The clicking of gum and the talking resumed. I was about to return to my screen when Wizard let out a high-pitched cry.
‘My lollipop is awake o! My lollipop is awake!’
All of us recognised this as our daily call to amusement. We rushed over to Wizard’s desk. The words he typed onto the screen sent everybody quaking with laughter.
‘Oh lollipop,’ he had written, ‘am really scared, hun. Am really scared that I ain’t gonna see you again no more, my darl. These people are really threatening me. You know how wild these Africans can be.’
My laughter became the loudest of all.
Wizard had been conducting several online relationships with randy foreigners he met in chatrooms. His romance with this particular American had been going on for six weeks. When their loooove blossomed to the point where the man proposed to ‘Suzie’ that she travel from East Windsor, New Jersey to visit him in Salt Lake City, Utah or vice versa, she informed him that she was just on her way to Nigeria on a business trip. She was a make-up artist, you see, and had an offer to transform girls strutting down the catwalk for an AIDS charity in Lagos. She had arrived in Lagos two days before, and had her American passport stolen in a taxi. Now, she had no way of cashing her traveller’s cheques and the proprietor of the hotel was threatening arrest.
‘Oh babe,’ the man replied, ‘what you gonna do now? Ain’t there no way of taking it to the police?’
‘Sugar pie, all they gonna want is bribes,’ Wizard replied. ‘Hun, I’m gonna really need your help right now. I wanna see if you can show me that you really love me and that what we share is real. Can you do me a real big favour?’
Wizard must have been watching a lot of American movies. His gonna-wanna American-speak was quite fluent.
‘Sure, babe,’ the man wrote. ‘Anything I can do to help.’
‘Honeybunch, I wanna send the traveller’s cheques to you to pay into your bank account.

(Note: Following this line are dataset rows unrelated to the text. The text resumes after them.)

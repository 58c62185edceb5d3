-- ===== src/Asm.antt =====
-- The assembler and the disassembler: src/backend/evm-codegen/src/asm.rs and asm/disasm.rs.
pub mod Immediate
pub mod Disasm
pub mod Text
pub mod Assembler
mod Examples
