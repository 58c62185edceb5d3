-- ===== src/Asm/Immediate.antt =====
-- A 32-byte big-endian immediate: `Immediate` of
-- src/backend/evm-codegen/src/asm.rs, with its `From` implementations.
pub mod Width
use rustevm.Base.{
  ℕ, zero, suc, ◌+◌, ◌-◌, ◌*◌, ◌≡◌, Bool, true, false, not, Option, none, some, List, [], ◌∷◌, ◌++◌,
  ◌==◌, ltb, if◌then◌else◌, length, replicate, All,
}
use rustevm.Base.Bytes.{IsByte, to_be_bytes}
use mathlib.Core.Option

-- The bytes of `Immediate([u8; 32])`.
abbrev pub Immediate : Type 0
Immediate = List ℕ

pub record IsWord (imm : Immediate) : Type 0 where
  pub sized : length imm ≡ 32
  pub of_bytes : All IsByte imm

-- `iter().position(|&b| b != 0)`
first_nonzero : List ℕ → Option ℕ
first_nonzero [] = none
first_nonzero (b ∷ bs) =
    let rest = Option.map suc (first_nonzero bs) in if b == 0 then rest else some 0

unfoldable pub width : Immediate → ℕ
unfolding first_nonzero
width imm = elim (first_nonzero imm) [ some first ↦ 32 - first | none ↦ 0 ]

-- `u8::leading_zeros`
leading_zeros : ℕ → ℕ
leading_zeros b =
    if ltb b 1
    then 8
    else if ltb b 2
    then 7
    else if ltb b 4
    then 6
    else if ltb b 8
    then 5
    else if ltb b 16
    then 4
    else if ltb b 32
    then 3
    else if ltb b 64
    then 2
    else if ltb b 128
    then 1
    else 0

-- `self.0[i]`; the caller's `i` is in range.
byte_at : List ℕ → ℕ → ℕ
byte_at [] i = 0
byte_at (b ∷ bs) zero = b
byte_at (b ∷ bs) (suc i) = byte_at bs i

unfoldable pub bit_width : Immediate → ℕ
unfolding first_nonzero leading_zeros byte_at
bit_width imm = elim (first_nonzero imm) [
  | some first ↦ (32 - first) * 8 - leading_zeros (byte_at imm first)
  | none ↦ 0
]

unfoldable pub is_zero : Immediate → Bool
is_zero imm = width imm == 0

-- `From<u8>` to `From<u128>`: the `n` bytes of the integer are copied into the end of a zeroed word.
unfoldable pub from_int : ℕ → ℕ → Immediate
from_int n v = replicate (32 - n) 0 ++ to_be_bytes n v

unfoldable pub from_bool : Bool → Immediate
unfolding from_int
from_bool true = from_int 1 1
from_bool false = from_int 1 0
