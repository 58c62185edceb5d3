-- ===== src/Asm/Assembler.antt =====
-- The assembler's state and its calls: `Asm` of src/backend/evm-codegen/src/asm.rs. Where the source
-- can panic (`expect`, a slice index), the result is an `Option` and `none` is the panic.
pub mod Run
pub mod Chunks
pub mod Built
pub mod Calls
pub mod Replace
pub mod Finish
pub mod Finished
pub mod Legal
pub mod SameFork
pub mod NextLabel
pub mod Emits
pub mod Answers
pub mod Sticky
pub mod Program
use rustevm.Base.{
  ℕ, suc, ◌+◌, ◌-◌, ◌%◌, ◌^◌, Bool, true, false, not, ◌&&◌, Option, none, some, List, [], ◌∷◌, ◌++◌,
  ◌>>=◌, ltb, leb, ◌==◌, if◌then◌else◌, length, drop, set, Result, ok, err,
}
use rustevm.Base.Bytes.{to_be_bytes}
use rustevm.Isa.{
  Str, bytes, Fork, frontier, shanghai, chronology, OpSpec, OpForm, op_form, by_mnemonic, by_byte,
}
use rustevm.Asm.Immediate.{Immediate, width}

abbrev pub max_contract_size : ℕ
max_contract_size = 24_576

abbrev pub max_label_offset : ℕ
max_label_offset = 2 ^ 16 - 1

-- The index inside `Label(u32)`.
abbrev pub Label : Type 0
Label = ℕ

pub record Fixup : Type 0 where
  pub label : Label
  pub at : ℕ

pub data AsmError : Type 0 where
  unknown_mnemonic : Str → AsmError
  opcode_too_new : Str → Fork → Fork → AsmError
  use_helper_instead : Str → Str → AsmError
  bad_stack_depth : Str → ℕ → AsmError
  unbound_label : Label → AsmError
  label_already_bound : Label → AsmError
  code_too_large_to_address : ℕ → AsmError

-- The `HashMap` of labels is an association list.
abbrev pub Labels : Type 0
Labels = List (Label × ℕ)

unfoldable pub get : Label → Labels → Option ℕ
get l [] = none
get l ((k, o) ∷ m) = if k == l then some o else get l m

contains_key : Label → Labels → Bool
unfolding get
contains_key l m = elim (get l m) [ none ↦ false | some o ↦ true ]

pub record Asm : Type 0 where
  pub fork : Fork
  pub code : List ℕ
  pub labels : Labels
  pub fixups : List Fixup
  pub next_label : ℕ
  pub error : Option AsmError

unfoldable pub new : Fork → Asm
new fork = record { fork = fork; code = []; labels = []; fixups = []; next_label = 0; error = none }

unfoldable pub offset : Asm → ℕ
offset a = length a.code

unfoldable pub is_deployable : Asm → Bool
is_deployable a = leb (length a.code) max_contract_size

-- `self.error.is_some()`
abbrev pub failed : Asm → Bool
failed a = elim a.error [ none ↦ false | some e ↦ true ]

-- `get_or_insert`: the first error stays.
unfoldable pub fail : Asm → AsmError → Asm
fail a e = record a { error = elim a.error [ none ↦ some e | some old ↦ some old ] }

unfoldable pub emit_byte : Asm → ℕ → Str → Fork → Asm
emit_byte a byte mnemonic min_fork =
    if ltb (chronology a.fork) (chronology min_fork)
    then fail a (AsmError.opcode_too_new mnemonic min_fork a.fork)
    else record a { code = a.code ++ (byte ∷ []) }

unfoldable pub emit_family_byte : Asm → ℕ → Option Asm
emit_family_byte a byte = do
  spec ← by_byte byte
  some (emit_byte a spec.byte spec.mnemonic spec.min_fork)

-- `if self.error.is_none() { self.code.extend_from_slice(bytes) }`
unfoldable pub extend : Asm → List ℕ → Asm
extend a bs = if failed a then a else record a { code = a.code ++ bs }

-- `0x5f + bytes.len() as u8`; the sum stays in the byte for an immediate of 32 bytes at most.
unfoldable pub push_bytes : Asm → List ℕ → Option Asm
unfolding extend
push_bytes a bs = do
  spec ← by_byte (0x5f + length bs % 2 ^ 8)
  some (extend (emit_byte a spec.byte spec.mnemonic spec.min_fork) bs)

-- The helper to use for a form that carries an operand.
helper : OpForm → Option Str
helper OpForm.simple = none
helper (OpForm.push n) = some (bytes "push")
helper (OpForm.dup n) = some (bytes "dup")
helper (OpForm.swap n) = some (bytes "swap")

emit_simple : Asm → OpSpec → Asm
unfolding helper
emit_simple a spec = elim (helper (op_form spec)) [
  | some h ↦ fail a (AsmError.use_helper_instead spec.mnemonic h)
  | none ↦ emit_byte a spec.byte spec.mnemonic spec.min_fork
]

unfoldable pub op : Asm → Str → Asm
unfolding emit_simple
op a mnemonic = if failed a then a else elim (by_mnemonic mnemonic) [
  | none ↦ fail a (AsmError.unknown_mnemonic mnemonic)
  | some spec ↦ emit_simple a spec
]

unfoldable pub push : Asm → Immediate → Option Asm
push a imm =
    if failed a
    then some a
    else if width imm == 0 && ltb (chronology a.fork) (chronology shanghai)
    then push_bytes a (0 ∷ [])
    else if width imm == 0
    then some (emit_byte a 0x5f (bytes "PUSH0") shanghai)
    else push_bytes a (drop (32 - width imm) imm)

unfoldable pub dup : Asm → ℕ → Option Asm
dup a n =
    if failed a
    then some a
    else if not (leb 1 n && leb n 16)
    then some (fail a (AsmError.bad_stack_depth (bytes "dup") n))
    else emit_family_byte a (0x7f + n)

unfoldable pub swap : Asm → ℕ → Option Asm
swap a n =
    if failed a
    then some a
    else if not (leb 1 n && leb n 16)
    then some (fail a (AsmError.bad_stack_depth (bytes "swap") n))
    else emit_family_byte a (0x8f + n)

-- `next_label` is a `u32`; an addition that overflows panics, as in a debug build.
unfoldable pub label : Asm → Option (Asm × Label)
label a =
    if ltb (a.next_label + 1) (2 ^ 32)
    then some (record a { next_label = a.next_label + 1 }, a.next_label)
    else none

unfoldable pub bind : Asm → Label → Asm
unfolding contains_key
bind a l =
    if failed a
    then a
    else if contains_key l a.labels
    then fail a (AsmError.label_already_bound l)
    else emit_byte (record a { labels = (l, length a.code) ∷ a.labels }) 0x5b (bytes "JUMPDEST")
        frontier

unfoldable pub push_label : Asm → Label → Asm
push_label a l = if failed a then a else record a {
  code = (a.code ++ (0x61 ∷ [])) ++ (0 ∷ 0 ∷ []);
  fixups = a.fixups ++ (record { label = l; at = length (a.code ++ (0x61 ∷ [])) } ∷ []);
}

-- `copy_from_slice` into a range that starts at `at`.
unfoldable pub copy_at : List ℕ → ℕ → List ℕ → List ℕ
copy_at code at [] = code
copy_at code at (b ∷ bs) = copy_at (set code at b) (at + 1) bs

-- The loop of `finish` over the label references.
unfoldable pub patch : Labels → List Fixup → List ℕ → Option (Result AsmError (List ℕ))
patch labels [] code = some (ok code)
patch labels (fixup ∷ rest) code = elim (get fixup.label labels) [
  | none ↦ some (err (AsmError.unbound_label fixup.label))
  | some target ↦
      if leb (fixup.at + 2) (length code)
      then patch labels rest (copy_at code fixup.at (to_be_bytes 2 (target % 2 ^ 16)))
      else none
]

is_empty : List Fixup → Bool
is_empty [] = true
is_empty (f ∷ fs) = false

unfoldable pub finish : Asm → Option (Result AsmError (List ℕ))
unfolding is_empty
finish a = elim a.error [
  | some e ↦ some (err e)
  | none ↦
      if ltb max_label_offset (length a.code) && not (is_empty a.fixups)
      then some (err (AsmError.code_too_large_to_address (length a.code)))
      else patch a.labels a.fixups a.code
]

Can you do that and send me the cash?’
Wizard broke off typing and turned quickly to us. ‘How much should I write? Is $2,000 OK?’
‘That’s too small,’ Ogbonna said. ‘Double it.’
‘Yes, double it,’ we concurred.
Wizard resumed.
‘What I’ve got in cheques is about $4,000. Honey, I gotta have some help real quick. Can you be the one to help me out here?’
Suzie went on to explain to her beau that the cheques would arrive within three days; she would send them by DHL. He should deposit the cheques as soon as he received them, and then send her the cash by Western Union. Since her own passport had been stolen, she would send him the name of one of her colleagues at the charity event so that he could send the Western Union in the colleague’s name. The lover boy, swept away by the current of true love, wasted no time in responding.
‘Anything for you, sweetie. I ain’t got that much in my cheque account right now but I could get some from my credit card and replace once I’ve cashed the cheques.’
All of us screamed the special scream. Wizard had made a hit.
It would take about eight days for the bank to process the documents, before the man realised that the cheques that had been paid into his account were fakes. I looked in a corner of the chat box and saw the photograph of the bearded, voluminous Caucasian. Then I looked in Wizard’s own box and saw the photograph of the trim, buxom blond who had no resemblance whatsoever to the V-shaped eighteen-year-old clicking away at the keyboard. My heart went out to the lonely man, but Wizard was untroubled.
‘Thanks honeysuckle,’ he wrote. ‘I knew I could really count on you. Please get it done ASAP cos I ain’t got nothing left on me no more.’
‘Sure, Suz,’ the man replied. ‘By the way, babe, you gotta take good care of yourself and watch out, OK? Maybe I should’ve warned you when you said you were going. I saw on CNN sometime that the folks in Nigeria are real dangerous.’
‘No problem, love,’ Wizard replied. ‘I’ve learnt my lesson and I’m gonna take real good care of myself from now.’